In 2017, Mora went on a cross-country U.S. “curly road trip” called “Rizos on the Road,” sponsored by KIA. Along with another natural hair digital influencers, she continued the online conversation offline, to have “face to face interactions with our community and with the people who are subscribed to us or following us on Instagram,” she said. “We’re not just faces on their phone, you know, we’re actual human beings that are going through the same thing that they’re going through.”

https://www.instagram.com/p/BiiSJDOH7MN/

In Contreras’ case, after creating her website, she opened a Miss Rizos hair salon in Santo Domingo, Dominican Republic. She says the salon serves Afro-Latinx people and encourages self-love and acceptance, in addition to hair care.

“I think that being online is very amazing because it allows me to reach people outside of sort of my immediate community,” she said. “I’m able to be read in Peru, I’m able to be read in Ecuador and anywhere around the world. However, there are still so many people that are offline, there are still so many people in impoverished communities who need this information and who also want to be exposed to this information but they don’t have access to it.”

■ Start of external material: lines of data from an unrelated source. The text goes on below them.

-- ===== src/Server/Process/Owned.antt =====
-- Which sockets are open while the server runs and when it has stopped.
use dcn1003_group.Base.{
  ℕ, ◌≡◌, refl, sym, ap, ◌∙◌, inl, inr, Bool, true, false, Option, none, some, List, [], ◌∷◌, ◌||◌,
  ◌==◌, arith, if◌then◌else◌, Bool-cases, both_branches,
}
use dcn1003_group.Platform.{Platform}
use dcn1003_group.Connect.{Winsock, close_valid}
use dcn1003_group.Connect.Owned.{Sockets}
use dcn1003_group.Connect.Held.{is_held, same_number}
use dcn1003_group.Server.Process.{
  Stage, Event, State, request_shutdown, accepted, step_at, step, run_server, listening,
}

-- What Winsock's documentation says of `accept`: a client's socket is one that was not open, and a call
-- that fails opens none.
pub record Accepts {p : Platform} {w : Winsock p} (laws : Sockets w)
    (accept : ℕ → p.Net → Option ℕ × p.Net) : Type 0 where
  pub fresh : (l : ℕ) (n n' : p.Net) (c : ℕ) → accept l n ≡ (some c, n') → laws.is_open n c ≡ false
  pub opens :
      (l : ℕ) (n n' : p.Net) (c x : ℕ)
      → accept l n ≡ (some c, n')
      → laws.is_open n' x ≡ (if c == x then true else laws.is_open n x)
  pub opens_none :
      (l : ℕ) (n n' : p.Net) (x : ℕ)
      → accept l n ≡ (none, n')
      → laws.is_open n' x ≡ laws.is_open n x

abbrev pub member : ℕ → List ℕ → Bool
member x [] = false
member x (y ∷ ys) = if y == x then true else member x ys

module _ {p : Platform} {w : Winsock p} (laws : Sockets w) (others : ℕ → Bool) where
  -- The open sockets are the clients', the listener's as long as it is held, and the others.
  abbrev pub Accounted : Option ℕ → List ℕ → p.Net → Type 0
  Accounted o clients n = (x : ℕ) → laws.is_open n x ≡ (member x clients || is_held o x || others x)

  -- The listener's socket is no client's and none of the others.
  abbrev Apart : Option ℕ → List ℕ → Type 0
  Apart none clients = Unit
  Apart (some l) clients = (member l clients ≡ false) × (others l ≡ false)

  -- A server that has stopped holds no listener.
  abbrev pub Closed : Stage → Option ℕ → Type 0
  Closed Stage.stopped o = o ≡ none
  Closed _ o = Unit

  Closed-none : (stage : Stage) → Closed stage none
  Closed-none Stage.checking = tt
  Closed-none Stage.accepting = tt
  Closed-none Stage.refused = tt
  Closed-none Stage.stopping = tt
  Closed-none Stage.stopped = refl

  abbrev Sound : Option ℕ → List ℕ → p.Net → Type 0
  Sound o clients n = Accounted o clients n × Apart o clients

  close-Sound :
      (o : Option ℕ) (clients : List ℕ) (n : p.Net)
      → Sound o clients n
      → Sound none clients (close_valid w o n)
  close-Sound none clients n h = h
  close-Sound (some l) clients n (all, (no_client, no_other)) = (closed, tt)
    where
      closed : Accounted none clients (w.close l n)
      closed x = elim (Bool-cases (l == x)) [
        | inl same ↦
            rw (← same_number l x same) (ground (arith, laws.closes n l l, no_client, no_other))
        | inr differ ↦
            rw differ at (laws.closes n l x)
            ∙ all x
            ∙ ap (λ b. member x clients || b || others x) differ
      ]

  accept-Apart :
      (o : Option ℕ) (clients : List ℕ) (n : p.Net) (c : ℕ)
      → Sound o clients n
      → laws.is_open n c ≡ false
      → Apart o (c ∷ clients)
  accept-Apart none clients n c h fresh = tt
  accept-Apart (some l) clients n c (all, (no_client, no_other)) fresh =
      elim (Bool-cases (c == l)) [
        | inl same ↦ absurd (clash (rw (same_number c l same) at (sym fresh ∙ all c)))
        | inr differ ↦ (rw differ no_client, no_other)
      ]
    where
      clash : false ≡ (member l clients || (l == l) || others l) → ⊥
      clash e = ground (arith, no_client)

  accepted-Sound :
      (o : Option ℕ) (clients : List ℕ) (n n' : p.Net) (c : ℕ)
      → Sound o clients n
      → laws.is_open n c ≡ false
      → ((x : ℕ) → laws.is_open n' x ≡ (if c == x then true else laws.is_open n x))
      → Sound o (c ∷ clients) n'
  accepted-Sound o clients n n' c (all, apart) fresh opens =
      (counted, accept-Apart o clients n c (all, apart) fresh)
    where
      counted : Accounted o (c ∷ clients) n'
      counted x = elim (Bool-cases (c == x)) [
        | inl same ↦ opens x ∙ rw same refl
        | inr differ ↦ opens x ∙ rw differ (all x)
      ]

  module _ (accept : ℕ → p.Net → Option ℕ × p.Net) (accepts : Accepts laws accept) where
    -- The sockets are accounted for, and a server that has stopped holds no listener.
    abbrev Holds : State p → Type 0
    Holds s = Sound s.listen s.clients s.net × Closed s.stage s.listen

    accept_step-Sound :
        (s : State p) (answer : Option ℕ × p.Net)
        → accept s.listen_sock s.net ≡ answer
        → Holds s
        → Holds (accepted w answer s)
    accept_step-Sound s (none, n) got ((all, apart), fine) =
        (((λ x. accepts.opens_none s.listen_sock s.net n x got ∙ all x), apart), tt)
    accept_step-Sound s (some c, n) got (h, fine) = (
      accepted-Sound s.listen s.clients s.net n c h (accepts.fresh s.listen_sock s.net n c got)
          (λ x. accepts.opens s.listen_sock s.net n c x got),
      tt,
    )

    step_at-Holds :
        (stage : Stage) (s : State p) → s.stage ≡ stage → Holds s → Holds (step_at w accept stage s)
    step_at-Holds Stage.checking s at_stage (h, fine) =
        both_branches Holds s.running (h, tt) (h, tt)
    step_at-Holds Stage.accepting s at_stage h =
        accept_step-Sound s (accept s.listen_sock s.net) refl h
    step_at-Holds Stage.refused s at_stage (h, fine) = both_branches Holds s.running (h, tt) (h, tt)
    step_at-Holds Stage.stopping s at_stage (h, fine) =
        (close-Sound s.listen s.clients s.net h, refl)
    step_at-Holds Stage.stopped s at_stage h = h

    step-Holds : (e : Event) (s : State p) → Holds s → Holds (step w accept e s)
    unfolding step request_shutdown
    step-Holds Event.signal s (h, fine) =
        (close-Sound s.listen s.clients s.net h, Closed-none s.stage)
    step-Holds Event.go s h = step_at-Holds s.stage s refl h

    run_server-Holds :
        (events : List Event) (s : State p) → Holds s → Holds (run_server w accept events s)
    unfolding run_server
    run_server-Holds [] s h = h
    run_server-Holds (e ∷ events) s h =
        run_server-Holds events (step w accept e s) (step-Holds e s h)

    -- Whatever Winsock answers and whenever signals come: in every state that the server reaches, the open
    -- sockets are exactly those of the accepted clients, the listener's as long as it is held, and the
    -- others that were open before, so that no shutdown closes a client's socket; and a server that has
    -- stopped holds no listener. The threads of the clients, which close their own sockets, are left out.
    pub run_server-Accounted :
        (events : List Event) (l : ℕ) (n : p.Net)
        → others l ≡ false
        → ((x : ℕ) → laws.is_open n x ≡ (if l == x then true else others x))
        → Accounted
            (run_server w accept events (listening l n)).listen
            (run_server w accept events (listening l n)).clients
            (run_server w accept events (listening l n)).net
          × Closed
              (run_server w accept events (listening l n)).stage
              (run_server w accept events (listening l n)).listen
    run_server-Accounted events l n new opened =
        let ((all, apart), closed) =
          run_server-Holds events (listening l n)
            (((λ x. opened x ∙ started x), (refl, new)), tt) in
        (all, closed)
      where
        started : (x : ℕ) → (if l == x then true else others x) ≡ ((l == x) || others x)
        started x = elim (Bool-cases (l == x)) [
          | inl same ↦ rw same refl
          | inr differ ↦ rw differ refl
        ]
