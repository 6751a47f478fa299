-- ===== src/Examples/Winsock.antt =====
-- Winsock over the loopback platform, where every connection succeeds with socket 3; and a platform whose
-- state is the list of the open sockets, and its Winsock.
use dcn1003_group.Base.{
  none, ap, sym, ℕ, suc, ◌+◌, ◌≤◌, ◌≡◌, refl, Bool, true, false, Option, some, List, [], ◌∷◌, arith,
  ◌==◌, if◌then◌else◌,
}
use dcn1003_group.Base.Int.{pos}
use dcn1003_group.Platform.{Platform}
use dcn1003_group.Connect.{Winsock}
use dcn1003_group.Connect.Owned.{Sockets}
use dcn1003_group.Server.Process.Owned.{Accepts}
use dcn1003_group.Examples.Loopback.{loopback}

abbrev pub loopback_winsock : Winsock loopback
loopback_winsock = record {
  inet_pton = λ host. some host;
  inet_ntop = λ ip. ip;
  socket = λ n. (some 3, n);
  set_reuse = λ s n. n;
  connect = λ s ip port n. (true, n);
  bind = λ s ip port n. (true, n);
  listen = λ s backlog n. (true, n);
  close = λ s n. n;
  last_error = λ n. pos 0;
}

abbrev pub open_list : Platform
open_list = record loopback {
  Net = List ℕ;
  send = λ s d len n. (pos 0, n);
  recv = λ s len n. (pos 0, [], n);
}

abbrev total : List ℕ → ℕ
total [] = 0
total (x ∷ xs) = x + total xs

unfoldable pub holds : List ℕ → ℕ → Bool
holds [] x = false
holds (y ∷ ys) x = if y == x then true else holds ys x

unfoldable pub without : ℕ → List ℕ → List ℕ
without s [] = []
without s (y ∷ ys) = if s == y then without s ys else y ∷ without s ys

abbrev pub open_list_winsock : Winsock open_list
open_list_winsock = record {
  inet_pton = λ host. some host;
  inet_ntop = λ ip. ip;
  socket = λ n. (some (suc (total n)), suc (total n) ∷ n);
  set_reuse = λ s n. n;
  connect = λ s ip port n. (true, n);
  bind = λ s ip port n. (true, n);
  listen = λ s backlog n. (true, n);
  close = λ s n. without s n;
  last_error = λ n. pos 0;
}

holds-lt : (xs : List ℕ) (x : ℕ) → total xs ≤ x → holds xs (suc x) ≡ false
unfolding holds
holds-lt [] x h = refl
holds-lt (y ∷ ys) x h = ground (arith, holds-lt ys x (omega arith))

holds-without :
    (s : ℕ) (xs : List ℕ) (x : ℕ) → holds (without s xs) x ≡ (if s == x then false else holds xs x)
unfolding holds without
holds-without s [] x = ground arith
holds-without s (y ∷ ys) x = ground (arith, holds-without s ys x)

some_value :
    (s t : ℕ) (n n' : List ℕ)
    → ◌≡◌ {A = Option ℕ × List ℕ} (some s, n) (some t, n')
    → (s ≡ t) × (n ≡ n')
some_value s t n n' e = ground arith

socket_none :
    (n n' : List ℕ) (x : ℕ) → open_list_winsock.socket n ≡ (none, n') → holds n' x ≡ holds n x
socket_none n n' x e = absurd (ground arith)

unfoldable pub open_list-Sockets : Sockets open_list_winsock
unfolding holds holds-lt holds-without some_value socket_none
open_list-Sockets = record {
  is_open = holds;
  fresh = λ n n' s e.
      let (same, after) = some_value (suc (total n)) s (suc (total n) ∷ n) n' e in
      rw (← same) (holds-lt n (total n) (omega arith));
  opens = λ n n' s x e.
      let (same, after) = some_value (suc (total n)) s (suc (total n) ∷ n) n' e in
      rw (← after, ← same) refl;
  opens_none = socket_none;
  closes = λ n s x. holds-without s n x;
  connect_keeps = λ s ip port n x. refl;
  bind_keeps = λ s ip port n x. refl;
  listen_keeps = λ s backlog n x. refl;
  reuse_keeps = λ s n x. refl;
}

-- `accept` succeeds on an open socket.
abbrev accept_if : Bool → List ℕ → Option ℕ × List ℕ
accept_if true n = (some (suc (total n)), suc (total n) ∷ n)
accept_if false n = (none, n)

unfoldable pub open_list_accept : ℕ → List ℕ → Option ℕ × List ℕ
open_list_accept l n = accept_if (holds n l) n

accept_if_fresh :
    (b : Bool) (n n' : List ℕ) (c : ℕ) → accept_if b n ≡ (some c, n') → holds n c ≡ false
accept_if_fresh true n n' c e =
    let (same, after) = some_value (suc (total n)) c (suc (total n) ∷ n) n' e in
    rw (← same) (holds-lt n (total n) (omega arith))
accept_if_fresh false n n' c e = absurd (ground arith)

accept_if_opens :
    (b : Bool) (n n' : List ℕ) (c x : ℕ)
    → accept_if b n ≡ (some c, n')
    → holds n' x ≡ (if c == x then true else holds n x)
unfolding holds
accept_if_opens true n n' c x e =
    let (same, after) = some_value (suc (total n)) c (suc (total n) ∷ n) n' e in
    rw (← after, ← same) refl
accept_if_opens false n n' c x e = absurd (ground arith)

accept_if_opens_none :
    (b : Bool) (n n' : List ℕ) (x : ℕ) → accept_if b n ≡ (none, n') → holds n' x ≡ holds n x
accept_if_opens_none true n n' x e = absurd (ground arith)
accept_if_opens_none false n n' x e = ap (λ (r : Option ℕ × List ℕ). holds r.1 x) (sym e)

pub open_list-Accepts : Accepts open_list-Sockets open_list_accept
unfolding open_list_accept open_list-Sockets
open_list-Accepts = record {
  fresh = λ l n n' c e. accept_if_fresh (holds n l) n n' c e;
  opens = λ l n n' c x e. accept_if_opens (holds n l) n n' c x e;
  opens_none = λ l n n' x e. accept_if_opens_none (holds n l) n n' x e;
}

pub open_list_accept_refuses :
    (l : ℕ) (n : List ℕ) → open_list-Sockets.is_open n l ≡ false → (open_list_accept l n).0 ≡ none
unfolding open_list_accept open_list-Sockets
open_list_accept_refuses l n h = ap (λ b. (accept_if b n).0) h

The accessibility of online conversations is one of the biggest challenges of Instagram’s natural hair movement. Moving forward, many of these top Instagrammers said it’s important to encourage inclusive participation—from white people, Black people, women, and men—when engaging about Afro-Latinidad beauty.

“I think it’s really important to understand that you don’t need to have curly hair to embrace who you are,” Contreras said. “We should be allowed to wear it curly, straight, or however we want without having any kind of repercussion from family members, from employers, or from society in general.”

Ultimately, what’s at the core of the natural hair movement isn’t just curls and kink. It’s cultural awareness, and perhaps first and foremost, self-acceptance.